Condoning the behaviour of these characters are the local priest and doctor, who use their positions to cover up everyone's moral and physical failings. The characters' habits and secrets are also guarded by the concierge, who turns a blind eye to everything going on. The sham respectability of the residents is contrasted with the candour of their servants, who secretly abuse their employers over the open sewer of the building's inner courtyard.

The novel follows the adventures of 22-year-old Octave Mouret, who moves into the building and takes a salesman's job at a nearby shop, The Ladies' Paradise (Au Bonheur des Dames). Though handsome and charming, Octave is rebuffed by Valérie Vabre and his boss's wife Madame Hédouin before beginning a passionless affair with Madame Pichon. His failure with Madame Hédouin prompts him to quit his job, and he goes to work for Auguste Vabre in the silk shop on the building's ground floor. Soon, he begins an affair with Berthe, who by now is Auguste's wife. Octave and Berthe are eventually caught but over the course of several months, the community tacitly agrees to forget the affair and live as if nothing had happened, thereby restoring the veneer of respectability. Octave marries widowed Madame Hédouin and life goes on in the Rue de Choiseul the way it has always done, with outward complacency, morality and quiet.

==Relation to the other Rougon-Macquart novels==

Zola's plan for the Rougon-Macquart novels was to show how heredity and environment worked on members of one family over the course of the Second Empire.

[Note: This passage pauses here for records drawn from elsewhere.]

-- ===== src/Rpc/Paths.antt =====
-- What setting and unsetting a path of a JSON section does to it and to every other path
-- (rust/crates/vocoderd/src/rpc.rs).
use dsh_rs.Base.{
  ◌≡◌, ◌≢◌, ◌⊎◌, inl, inr, refl, sym, ap, ◌∙◌, subst, String, Option, none, some, List, [], ◌∷◌, ok,
  ok-injective, and_then, str_eq, eq_iff, if◌then◌else◌, arith,
}
use dsh_rs.Json.{Value, object, Fields, end, field, lookup, get}
use dsh_rs.Rpc.{insert, remove, object_at, set_fields, set_path}

-- What stands at a path.
abbrev pub get_path : Value → List String → Option Value
get_path v [] = some v
get_path v (k ∷ path) = and_then (get v k) λ w. get_path w path

-- The paths part ways before either ends.
abbrev pub Apart : List String → List String → Type 0
Apart (j ∷ js) (k ∷ ks) = (j ≢ k) ⊎ ((j ≡ k) × Apart js ks)
Apart _ _ = ⊥

pub lookup-insert :
    (k j : String) (v : Value) (fields : Fields)
    → lookup j (insert k v fields) ≡ (if str_eq k j then some v else lookup j fields)
unfolding insert
lookup-insert k j v end = refl
lookup-insert k j v (field i w rest) =
    ground (arith, lookup-insert k j v rest, eq_iff i k, eq_iff i j, eq_iff k j)

pub lookup-remove :
    (k j : String) (fields : Fields)
    → lookup j (remove k fields) ≡ (if str_eq k j then none else lookup j fields)
unfolding remove
lookup-remove k j end = ground arith
lookup-remove k j (field i w rest) =
    ground (arith, lookup-remove k j rest, eq_iff i k, eq_iff i j, eq_iff k j)

pub insert_same : (k : String) (v : Value) (fields : Fields) → lookup k (insert k v fields) ≡ some v
insert_same k v fields = ground (arith, lookup-insert k k v fields, eq_iff k k)

pub insert_other :
    (k j : String) (v : Value) (fields : Fields)
    → k ≢ j
    → lookup j (insert k v fields) ≡ lookup j fields
insert_other k j v fields n = ground (arith, lookup-insert k j v fields, eq_iff k j)

set_fields-get :
    (fields : Fields) (k : String) (path : List String) (value : Value)
    → get_path (object (set_fields fields k path value)) (k ∷ path) ≡ some value
unfolding set_fields
set_fields-get fields k [] value = ap (λ o. and_then o λ w. some w) (insert_same k value fields)
set_fields-get fields k (j ∷ path) value =
    ap (λ o. and_then o λ w. get_path w (j ∷ path)) (insert_same k _ fields)
    ∙ set_fields-get (object_at k fields) j path value

-- Below a node that is no object there is nothing, so an empty object in its place changes no path.
object_at-get :
    (k j : String) (path : List String) (fields : Fields)
    → get_path (object fields) (k ∷ j ∷ path) ≡ get_path (object (object_at k fields)) (j ∷ path)
object_at-get k j path fields = at (lookup k fields)
  where
    at :
        (o : Option Value)
        → and_then o (λ w. get_path w (j ∷ path))
          ≡ get_path
              (object
                (elim o [ none ↦ end | some v ↦ (elim v [ object inner ↦ inner | _ ↦ end ]) ]))
              (j ∷ path)
    at none = refl
    at (some (object inner)) = refl
    at (some _) = refl

set_fields-Apart :
    (fields : Fields) (k : String) (path other : List String) (value : Value)
    → Apart (k ∷ path) other
    → get_path (object (set_fields fields k path value)) other ≡ get_path (object fields) other
unfolding set_fields
set_fields-Apart fields k path [] value a = absurd a
set_fields-Apart fields k [] (j ∷ other) value (inl n) =
    ap (λ o. and_then o λ w. get_path w other) (insert_other k j value fields n)
set_fields-Apart fields k [] (j ∷ other) value (inr (e, a)) = absurd a
set_fields-Apart fields k (i ∷ path) (j ∷ other) value (inl n) =
    ap (λ o. and_then o λ w. get_path w other) (insert_other k j _ fields n)
set_fields-Apart fields k (i ∷ path) (j ∷ []) value (inr (e, a)) = absurd a
set_fields-Apart fields k (i ∷ path) (j ∷ l ∷ other) value (inr (e, a)) =
    subst
      (λ z.
        get_path (object (set_fields fields k (i ∷ path) value)) (z ∷ l ∷ other)
        ≡ get_path (object fields) (z ∷ l ∷ other))
      e
      (ap (λ o. and_then o λ w. get_path w (l ∷ other)) (insert_same k _ fields)
        ∙ set_fields-Apart (object_at k fields) i path (l ∷ other) value a
        ∙ sym (object_at-get k l other fields))

set_path-get_path :
    (root root' : Value) (path : List String) (value : Value)
    → set_path root path value ≡ ok root'
    → get_path root' path ≡ some value
unfolding set_path
set_path-get_path root root' [] value e = let same : root' ≡ value = ground arith in ap some same
set_path-get_path (object fields) root' (k ∷ path) value e =
    subst (λ r. get_path r (k ∷ path) ≡ some value) (ok-injective e)
      (set_fields-get fields k path value)
set_path-get_path _ root' (k ∷ path) value e = cc

set_path-Apart :
    (root root' : Value) (path other : List String) (value : Value)
    → set_path root path value ≡ ok root'
    → Apart path other
    → get_path root' other ≡ get_path root other
unfolding set_path
set_path-Apart root root' [] other value e a = absurd a
set_path-Apart (object fields) root' (k ∷ path) other value e a =
    subst (λ r. get_path r other ≡ get_path (object fields) other) (ok-injective e)
      (set_fields-Apart fields k path other value a)
set_path-Apart _ root' (k ∷ path) other value e a = cc

-- Where setting a path succeeds, the path holds the value, whatever stood on the way, and every path
-- that parts from it holds what it held.
pub set_path_lem :
    (root root' : Value) (path : List String) (value : Value)
    → set_path root path value ≡ ok root'
    → (get_path root' path ≡ some value)
      × ((other : List String) → Apart path other → get_path root' other ≡ get_path root other)
set_path_lem root root' path value e = (
  set_path-get_path root root' path value e,
  λ other. set_path-Apart root root' path other value e,
)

The family representative in Pot-Bouille is Octave Mouret, first introduced briefly in La fortune des Rougon and playing a larger but background role in La conquête de Plassans. Octave is the son of first cousins Marthe Rougon and François Mouret and great-grandson of Adelaïde Fouque (Tante Dide), the ancestress from whom the family members inherit varying degrees of what today might be called obsessive-compulsive disorder. Zola describes him in Le docteur Pascal (the last novel) as an example of indirect heredity, bearing a physical resemblance to his uncle Eugène Rougon (Son Excellence Eugène Rougon). Like his uncle, Octave is obsessed with power, in the nephew's case over women. He is not ruthless or predatory but uses his charm and good looks to captivate women.

This aspect of his personality is explored further in Au Bonheur des Dames, the next novel, which finds Octave the owner of a giant department store catering to female desire. (Octave also appears briefly or is mentioned in La faute de l'Abbé Mouret, La joie de vivre, L'œuvre and Le docteur Pascal.)

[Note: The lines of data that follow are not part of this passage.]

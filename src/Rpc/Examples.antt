-- ===== src/Rpc/Examples.antt =====
-- Sections of settings, mutated and merged (rust/crates/vocoderd/src/rpc.rs).
use dsh_rs.Base.{◌≡◌, inl, inr, refl, String, some, List, [], ◌∷◌, false, ok, arith, eq_iff}
use dsh_rs.Json.{Value, null, bool, string, u64, Fields, fields, json}
use dsh_rs.Rpc.{insert, set_fields, set_path}
use dsh_rs.Rpc.Paths.{get_path, Apart, set_path_lem}

abbrev section : Value
section = json (
    ("theme", string "dark")
    ∷ ("model", json (("name", string "small") ∷ ("limit", u64 3) ∷ []))
    ∷ [])

abbrev to_name : List String
to_name = "model" ∷ "name" ∷ []

abbrev to_limit : List String
to_limit = "model" ∷ "limit" ∷ []

abbrev renamed : Value
renamed = json (
    ("theme", string "dark")
    ∷ ("model", json (("name", string "large") ∷ ("limit", u64 3) ∷ []))
    ∷ [])

set-renamed : set_path section to_name (string "large") ≡ ok renamed
unfolding set_path set_fields insert
set-renamed = refl

name_limit-Apart : Apart to_name to_limit
name_limit-Apart = inr (refl, inl (ground (arith, eq_iff "name" "limit")))

set_path_lem_example :
    (get_path renamed to_name ≡ some (string "large"))
    × ((other : List String)
        → Apart to_name other
        → get_path renamed other ≡ get_path section other)
set_path_lem_example = set_path_lem section renamed to_name (string "large") set-renamed

limit_kept : get_path renamed to_limit ≡ get_path section to_limit
limit_kept =
    (set_path_lem section renamed to_name (string "large") set-renamed).1 to_limit name_limit-Apart

-- A value on the way that is no object makes room.
set-through_text :
    set_path section ("theme" ∷ "name" ∷ []) null
    ≡ ok (
        json (
          ("theme", json (("name", null) ∷ []))
          ∷ ("model", json (("name", string "small") ∷ ("limit", u64 3) ∷ []))
          ∷ []))
unfolding set_path set_fields insert
set-through_text = refl

abbrev patch : Fields
patch = fields (("model", json (("limit", u64 5) ∷ [])) ∷ ("sound", bool false) ∷ [])

abbrev before : Fields
before = fields (
    ("theme", string "dark")
    ∷ ("model", json (("name", string "small") ∷ ("limit", u64 3) ∷ []))
    ∷ [])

In addition to examining Octave as representative of the Rougon-Macquart line, Zola explores the effects of personal history and environment on the other residents of the apartment building.

==English Translations==
===Expurgated===
Pot-Bouille was translated into English anonymously for Henry Vizetelly in 1885 for the first time and the translation is available in reprints.

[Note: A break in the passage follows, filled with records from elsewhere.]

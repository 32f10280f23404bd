-- ===== src/Rpc/Merge.antt =====
-- What a deep merge leaves at each key of an object (rust/crates/vocoderd/src/rpc.rs).
use dsh_rs.Base.{
  ◌≡◌, ◌≢◌, refl, subst, sym, ap, ◌∙◌, String, Option, none, some, str_eq, eq_iff, arith,
  Bool-cases, inl, inr,
}
use dsh_rs.Json.{Value, object, Fields, end, field, lookup, get}
use dsh_rs.Rpc.{insert, put, deep_merge, merge_fields}
use dsh_rs.Rpc.Paths.{insert_same, insert_other}

-- The keys of a `serde_json` map are distinct.
abbrev pub IsMap : Fields → Type 0
IsMap end = Unit
IsMap (field k v rest) = (lookup k rest ≡ none) × IsMap rest

-- What two objects have at a key, merged.
abbrev pub merged : Option Value → Option Value → Option Value
merged slot none = slot
merged none (some v) = some v
merged (some target) (some v) = some (deep_merge target v)

abbrev put_merged : Option Value → Value → Value
put_merged slot v = put slot v (λ s. deep_merge s v)

merged-put : (slot : Option Value) (v : Value) → merged slot (some v) ≡ some (put_merged slot v)
merged-put none v = refl
merged-put (some slot) v = refl

merge_fields-field :
    (fields : Fields) (k : String) (v : Value) (patch : Fields)
    → merge_fields fields (field k v patch)
      ≡ merge_fields (insert k (put_merged (lookup k fields) v) fields) patch
unfolding merge_fields deep_merge
merge_fields-field fields k (object p) patch = refl
merge_fields-field fields k _ patch = refl

merge_fields-lookup :
    (patch fields : Fields) (k : String)
    → IsMap patch
    → lookup k (merge_fields fields patch) ≡ merged (lookup k fields) (lookup k patch)
merge_fields-lookup end fields k u = unfold merge_fields in refl
merge_fields-lookup (field j v rest) fields k (fresh, u) =
    ap (lookup k) (merge_fields-field fields j v rest)
    ∙ merge_fields-lookup rest (insert j (put_merged (lookup j fields) v) fields) k u
    ∙ elim (Bool-cases (str_eq j k)) [
      | inl here ↦
          let same : j ≡ k = (eq_iff j k).0 here in
          let found : lookup k (insert j (put_merged (lookup j fields) v) fields)
              ≡ some (put_merged (lookup k fields) v) =
            subst
              (λ z.
                lookup z (insert j (put_merged (lookup j fields) v) fields)
                ≡ some (put_merged (lookup z fields) v))
              same (insert_same j (put_merged (lookup j fields) v) fields) in
          rw here (
            ap (λ o. merged o (lookup k rest)) found
            ∙ ap (merged (some (put_merged (lookup k fields) v)))
                (subst (λ z. lookup z rest ≡ none) same fresh)
            ∙ sym (merged-put (lookup k fields) v))
      | inr other ↦
          let apart : j ≢ k = ground (arith, eq_iff j k) in
          rw other (
            ap (λ o. merged o (lookup k rest))
              (insert_other j k (put_merged (lookup j fields) v) fields apart))
    ]

-- Merging a patch with distinct keys into an object merges key by key: a key of one side only
-- keeps its value, and a key of both holds the merge of the two values.
pub deep_merge-get :
    (fields patch : Fields) (k : String)
    → IsMap patch
    → get (deep_merge (object fields) (object patch)) k
      ≡ merged (get (object fields) k) (get (object patch) k)
unfolding deep_merge
deep_merge-get fields patch k u = merge_fields-lookup patch fields k u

- Piping Hot! (1885, tr. unknown for H. Vizetelly, Vizetelly & Co.)

===Unexpurgated===
Pot-Bouille was translated into English by Percy Pinkerton in 1895 and the translation is available in reprints. There have been other English translations since (as Piping Hot!, Pot Luck, Restless House and Lesson in Love). It is the least translated novel of the series. The most recent being by Brian Nelson for Oxford World's Classics (1999).
1. Pot-Bouille (1895, tr. Percy Pinkerton, Lutetian Society)/Restless House/Lessons in Love (other versions of Pinkerton's translation)
2. Pot Luck (1999, tr. Brian Nelson, Oxford University Press)

==Adaptations==
William Busnach adapted Pot-Bouille as a play, produced at the Théâtre de l'Ambigu-Comique in 1883.

It was adapted into a French film, Lovers of Paris (original French title Pot-Bouille) in 1957, directed by Julien Duvivier and starring Gérard Philipe and Anouk Aimée.

It was also adapted as a French TV series, Pot-Bouille, in 1972.